El sargento primero Nava andaría por los cuarenta años. Era un hombre bien plantado, y celoso de su aspecto. Peinado con esmero hacia atrás, uniforme limpio y bien planchado, zapatos relucientes, reloj de acero bastante elegante y unas gafas de sol que no habría dudado en ponerse el tipo del anuncio de Martini. Además de eso, resultó ser un individuo que transmitía una sensación de responsabilidad y de hospitalidad sincera. Nos hizo pasar a su casa y le pidió a su mujer, una canaria cantarina y simpática, y lo menos diez años más joven que él, que nos preparase un aperitivo.

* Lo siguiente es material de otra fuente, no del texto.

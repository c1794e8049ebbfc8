-- ===== src/Kernel/Buddy/Heap.antt =====
-- `genericAllocMemory` on a memory whose nodes stand for a tree.
use tp_so.Base.{
  ℕ, ◌+◌, ◌-◌, ◌^◌, ◌≤◌, ◌<◌, ◌≡◌, inl, inr, refl, ap, ◌∙◌, ◌&&◌, List, ltb, leb, arith, Bool-cases,
}
use tp_so.Base.Maybe.{Returns, Returns-map}
use tp_so.Ipc.Buffer.{null}
use tp_so.Kernel.Memory.{sub64}
use tp_so.Kernel.Buddy.{
  MemNode, empty, BuddyMemoryManager, mem_node_size, limit, block, alloc_rec, block_size_for,
  max_depth, generic_alloc_memory, init_memory,
}
use tp_so.Kernel.Buddy.Tree.{Part, free, left_at, Stands, Clean, allocate, blocks}
use tp_so.Kernel.Buddy.Frame.{Stands-size, update_at, update_off}
use tp_so.Kernel.Buddy.Call.{Allocated, Given}
use tp_so.Kernel.Buddy.Blocks.{Apart, blocks-Apart, Adds, nothing, allocate-Adds}
use tp_so.Kernel.Buddy.Total.{alloc_rec-allocate}
use tp_so.Kernel.Buddy.Sizes.{block_size_for-Between}

-- The nodes of the manager stand for the tree, and no pointer stands in what is free.
pub record Heap (m : BuddyMemoryManager) (t : Part) : Type 0 where
  pub stands : Stands m.nodes m.root (m.nodes m.root).size t
  pub clean : Clean m.nodes m.root (m.nodes m.root).size t
  pub above_null : 0 < m.root
  pub high : (m.nodes m.root).size < 2 ^ 64

-- The blocks that are in use.
abbrev pub heap_blocks : BuddyMemoryManager → Part → List (ℕ × ℕ)
heap_blocks m t = blocks m.root (m.nodes m.root).size t

-- What an allocation of `size` bytes does to the heap that stands for `t`.
pub record Granted (m : BuddyMemoryManager) (t : Part) (size : ℕ) (out : ℕ × BuddyMemoryManager)
    : Type 0 where
  pub part : Part
  pub heap : Heap out.1 part
  pub adds : Adds (block_size_for size) out.0 (heap_blocks m t) (heap_blocks out.1 part)
  pub enough : size ≤ block_size_for size
  pub apart : Apart m.root (left_at m.root + (m.nodes m.root).size) (heap_blocks out.1 part)
  pub before : (c : ℕ) → c < m.root → out.1.nodes c ≡ m.nodes c
  pub after : (c : ℕ) → limit m ≤ c → out.1.nodes c ≡ m.nodes c

module _ (m : BuddyMemoryManager) (t : Part) (h : Heap m t) where
  pub Given-whole : Given m m.root (m.nodes m.root).size t
  Given-whole = record {
    stands = h.stands;
    clean = h.clean;
    above_null = h.above_null;
    above_root = omega arith;
    below_limit = omega arith;
    high = h.high;
  }

  Allocated-Granted :
      (size : ℕ) (out : ℕ × BuddyMemoryManager)
      → size ≤ 2 ^ 31
      → Allocated m m.root
          (m.nodes m.root).size
          (allocate 64 (block_size_for size) m.root (m.nodes m.root).size t)
          out
      → Granted m t size out
  Allocated-Granted size out fits k =
      let s = (m.nodes m.root).size in
      let need = block_size_for size in
      let x = allocate 64 need m.root s t in
      let same : (out.1.nodes out.1.root).size ≡ s =
        rw k.same_root (Stands-size out.1.nodes m.root s x.1 k.stands) in
      record {
        part = x.1;
        heap = record {
          stands = rw (same, k.same_root) k.stands;
          clean = rw (same, k.same_root) k.clean;
          above_null = rw k.same_root h.above_null;
          high = rw same h.high;
        };
        adds = rw (k.returned, same, k.same_root) (allocate-Adds 64 need m.root s t);
        enough = (block_size_for-Between size fits).0;
        apart = rw (same, k.same_root) (blocks-Apart out.1.nodes m.root s x.1 k.stands);
        before = k.before;
        after = λ c i. k.after c (omega (arith, i));
      }

  unchanged : (size : ℕ) → size ≤ 2 ^ 31 → Granted m t size (null, m)
  unchanged size fits = record {
    part = t;
    heap = h;
    adds = nothing refl refl;
    enough = (block_size_for-Between size fits).0;
    apart = blocks-Apart m.nodes m.root (m.nodes m.root).size t h.stands;
    before = λ c i. refl;
    after = λ c i. refl;
  }

  -- A call of `genericAllocMemory` for at most 2^31 bytes on a heap returns and leaves a heap. Either it
  -- returns NULL and the blocks in use are what they were, or there is one block more, at the address
  -- that it returns: it has at least the bytes looked for, which are not less than those asked for, and
  -- less than twice as many. No block reaches into the header of another or out of the memory, and no
  -- node outside of the memory is changed.
  pub generic_alloc_memory-Granted :
      (size : ℕ) → size ≤ 2 ^ 31 → Returns (Granted m t size) (generic_alloc_memory m size)
  unfolding generic_alloc_memory
  generic_alloc_memory-Granted size fits =
      elim (Bool-cases (leb block size && ltb (m.nodes m.root).size size)) [
        | inl e ↦ rw e (unchanged size fits)
        | inr e ↦
            let need = block_size_for size in
            let large : mem_node_size ≤ need =
              omega (arith, (block_size_for-Between size fits).1) in
            let s = (m.nodes m.root).size in
            rw e (
              Returns-map _ _ (alloc_rec max_depth m m.root need)
                (λ out k. Allocated-Granted size out fits k)
                (alloc_rec-allocate 64 need m m.root s t large Given-whole h.high))
      ]

-- After `initMemory` of memory in which no pointer stands, all of it is free.
pub init_memory-Heap :
    (m : BuddyMemoryManager) (init size : ℕ)
    → 0 < init
    → mem_node_size ≤ size
    → size < 2 ^ 64
    → ((c : ℕ)
        → init + mem_node_size ≤ c
        → c + mem_node_size ≤ init + size
        → ((m.nodes c).left ≡ null) × ((m.nodes c).right ≡ null))
    → Heap (init_memory m init size) free
unfolding init_memory Stands Clean
init_memory-Heap m init size above low high zeroed =
    let n : MemNode = record {
      right = null;
      left = null;
      size = sub64 size mem_node_size;
      status = empty;
    } in
    let at = update_at m.nodes init n in
    let fits : sub64 size mem_node_size ≡ size - mem_node_size = omega arith in
    record {
      stands = rw at (refl, refl, refl, refl);
      clean = rw at (λ c i j.
          let q = update_off m.nodes init c n (omega arith) in
          let z = zeroed c (omega arith) (omega (arith, fits)) in
          (ap (λ (k : MemNode). k.left) q ∙ z.0, ap (λ (k : MemNode). k.right) q ∙ z.1));
      above_null = above;
      high = rw (at, fits) (omega arith);
    }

Podría haber parecido el clásico gesto de emperador de la casa, pero tuvo con ella, reparé en el detalle, la deferencia de estar pendiente para traer él de la cocina la bandeja con las cervezas y los cuatro platos de picar.

– Pues bienvenidos a La Gomera -dijo, alzando su cerveza-. Si me permitís un consejo, para empezar no hagáis caso de los chistes de gomeros.

– ¿Qué chistes son ésos? -preguntó Chamorro.

– Si te sabes los chistes de léperos en la Península, pues son más o menos los mismos -le informó Anglada-. El caso es que durante mucho tiempo la gente vivía aquí bastante aislada, por los malos caminos, y que los de La Gomera han pasado siempre por ser los más cerrados del archipiélago. Por eso los eligen para los chistes de tontos, como a los de Lepe.

– Puestos a buscar coincidencias, hasta hay en la isla un pueblito que se llama Lepe. Pero ojo -dijo Nava-. Aquí, el más tonto hace relojes.

– Como en Lepe -añadí-. Una vez tuve un muerto allí. Y están forrados.

– Ya veréis -prosiguió Nava-. Tienen una isla que es una maravilla.